Dice Durito che 6 anni dopo, il PRI giace in fondo al burrone ed i suoi resti vengono disputati da quanti ieri si presero gioco di quell'indigeno che, proprio ora, offre con molta cura il piede, non perché gli dolga, bensì perché si vede sopravvenire un altro treno ed un altro ed un altro.
Dice Durito che se c'è qualcosa che non manca agli zapatisti sono i piedi, perché gli si sono fatti grandi a forza di camminare la lunga notte del dolore verso la speranza.
Dice Durito che gli zapatisti non finiranno di camminare la notte fino a quando tutti coloro che sono a piedi non potranno decidere non solo l'esistenza e la rotta del treno, ma anche, e soprattutto, fino a quando nel camminare dei pedoni della storia ci saranno molte sedie sotto un melo carico di frutti... per tutti.
"Perché di questo in fondo si tratta, appunto, di mele, sedie e treni", dice Durito mentre vede, soddisfatto, che la semenza che seminò tempo fa si alza già di un palmo dalla terra che, complice e solidale, la custodì.

Subcomandante Insurgente Marcos

A piedi e già avanzati nell'anno dieci della guerra contro la dimenticanza.

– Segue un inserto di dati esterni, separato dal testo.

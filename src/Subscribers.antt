-- ===== src/Subscribers.antt =====
-- The subscriber files of a list, src/subscriberfuncs.c. A file is what the system calls on it give.
pub mod Lines
pub mod Change
pub mod Membership
pub mod Erase
pub mod Append
pub mod Unsubscribe
pub mod Removal
mod Tests
use mlmmj.Base.{
  ℕ, ◌+◌, Bool, true, false, not, ◌&&◌, ◌||◌, Option, none, some, List, [], ◌∷◌, ltb, ◌==◌,
  if◌then◌else◌, Bytes, codes, length, is_empty,
}
use mlmmj.CString.{str_eq, case_eq_n}

-- An open file: what `fstat` and `mmap` answer, and the bytes.
pub record Opened : Type 0 where
  pub stat_ok : Bool
  pub regular : Bool
  pub mmap_ok : Bool
  pub content : Bytes

-- `strlen(address) == len && strncasecmp(address, cur, len) == 0`
unfoldable pub matches : Bytes → Bytes → ℕ → Bool
matches address cur len = length address == len && case_eq_n len address cur

-- The loop over the mapping: `cur` stands at offset `start`, and `next` is `len` bytes behind it.
unfoldable pub scan : Bytes → ℕ → Bytes → ℕ → Bytes → Option ℕ
scan address start cur len [] = if ltb 0 len && matches address cur len then some start else none
scan address start cur len (c ∷ next) = elim (c == b'\n') [
  | true ↦ elim (matches address cur len) [
    | true ↦ some start
    | false ↦ scan address (start + len + 1) next 0 next
  ]
  | false ↦ scan address start cur (len + 1) next
]

-- `none` is the offset -1.
unfoldable pub find_subscriber : Opened → Bytes → Option ℕ
unfolding scan matches
find_subscriber f address =
    if not f.stat_ok
    then none
    else if is_empty f.content
    then none
    else if not f.regular
    then none
    else if not f.mmap_ok
    then none
    else scan address 0 f.content 0 f.content

-- What the system answers while one entry of a directory is rewritten.
pub record Calls : Type 0 where
  pub opens : Bool
  pub lock_opens : Bool
  pub lock_taken : Bool
  pub read_locked : Bool
  pub new_opens : Bool
  pub write_locked : Bool
  pub stat_again : Bool
  pub mmap_again : Bool
  pub first_write : Bool
  pub second_write : Bool
  pub renames : Bool
  pub unlinks : Bool

pub record Entry : Type 0 where
  pub name : Bytes
  pub opens : Bool
  pub file : Opened
  pub calls : Calls

abbrev pub is_dots : Bytes → Bool
is_dots name = str_eq name (codes ".") || str_eq name (codes "..")

abbrev pub found : Option ℕ → Bool
found none = false
found (some off) = true

-- The loop over `readdir`; it leaves at the first file that holds the address.
unfoldable pub search_dir : List Entry → Bytes → Bool
unfolding find_subscriber str_eq
search_dir [] address = false
search_dir (e ∷ dir) address =
    let later = search_dir dir address in
    if is_dots e.name
    then later
    else if not e.opens
    then later
    else if found (find_subscriber e.file address)
    then true
    else later

-- `none` for the directory is a failing `opendir`, after which the program exits.
unfoldable pub is_subbed_in : Option (List Entry) → Bytes → Option Bool
unfolding search_dir
is_subbed_in none address = none
is_subbed_in (some dir) address = some (search_dir dir address)

pub data Subtype : Type 0 where
  sub_normal sub_digest sub_nomail sub_file sub_all sub_both sub_none : Subtype

-- The three subscriber directories below a list's directory.
pub record ListDir : Type 0 where
  pub subscribers : Option (List Entry)
  pub digesters : Option (List Entry)
  pub nomailsubs : Option (List Entry)

-- The last test of `is_subbed`, with the type found so far.
pub subbed_nomail : ListDir → Bytes → Subtype → Option Subtype
subbed_nomail d address typesub = elim (is_subbed_in d.nomailsubs address) [
  | none ↦ none
  | some retval ↦ some (if retval then sub_nomail else typesub)
]

abbrev pub is_normal : Subtype → Bool
is_normal sub_normal = true
is_normal _ = false

pub subbed_digest : ListDir → Bytes → Subtype → Option Subtype
unfolding subbed_nomail
subbed_digest d address typesub = elim (is_subbed_in d.digesters address) [
  | none ↦ none
  | some retval ↦
      if retval
      then some (if is_normal typesub then sub_both else sub_digest)
      else subbed_nomail d address typesub
]

pub is_subbed : ListDir → Bytes → Bool → Option Subtype
unfolding subbed_digest
is_subbed d address both = elim (is_subbed_in d.subscribers address) [
  | none ↦ none
  | some retval ↦
      if retval
      then (if not both then some sub_normal else subbed_digest d address sub_normal)
      else subbed_digest d address sub_none
]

...la nostra idea è chiamare quanti sono come noi ed unirci ad essi, ovunque vivono e lottano... (Sexta Declaración de la Selva Lacandona)


1 commento:

  1. la politica non avrà mai verità....solo potere... e che migliaia di piedi , stiano pronti lì a fargli sgambetto... uccederanno sempre i sogni, ma le notti sono continue e lunghe...e non finiranno mai...che il sogno continui...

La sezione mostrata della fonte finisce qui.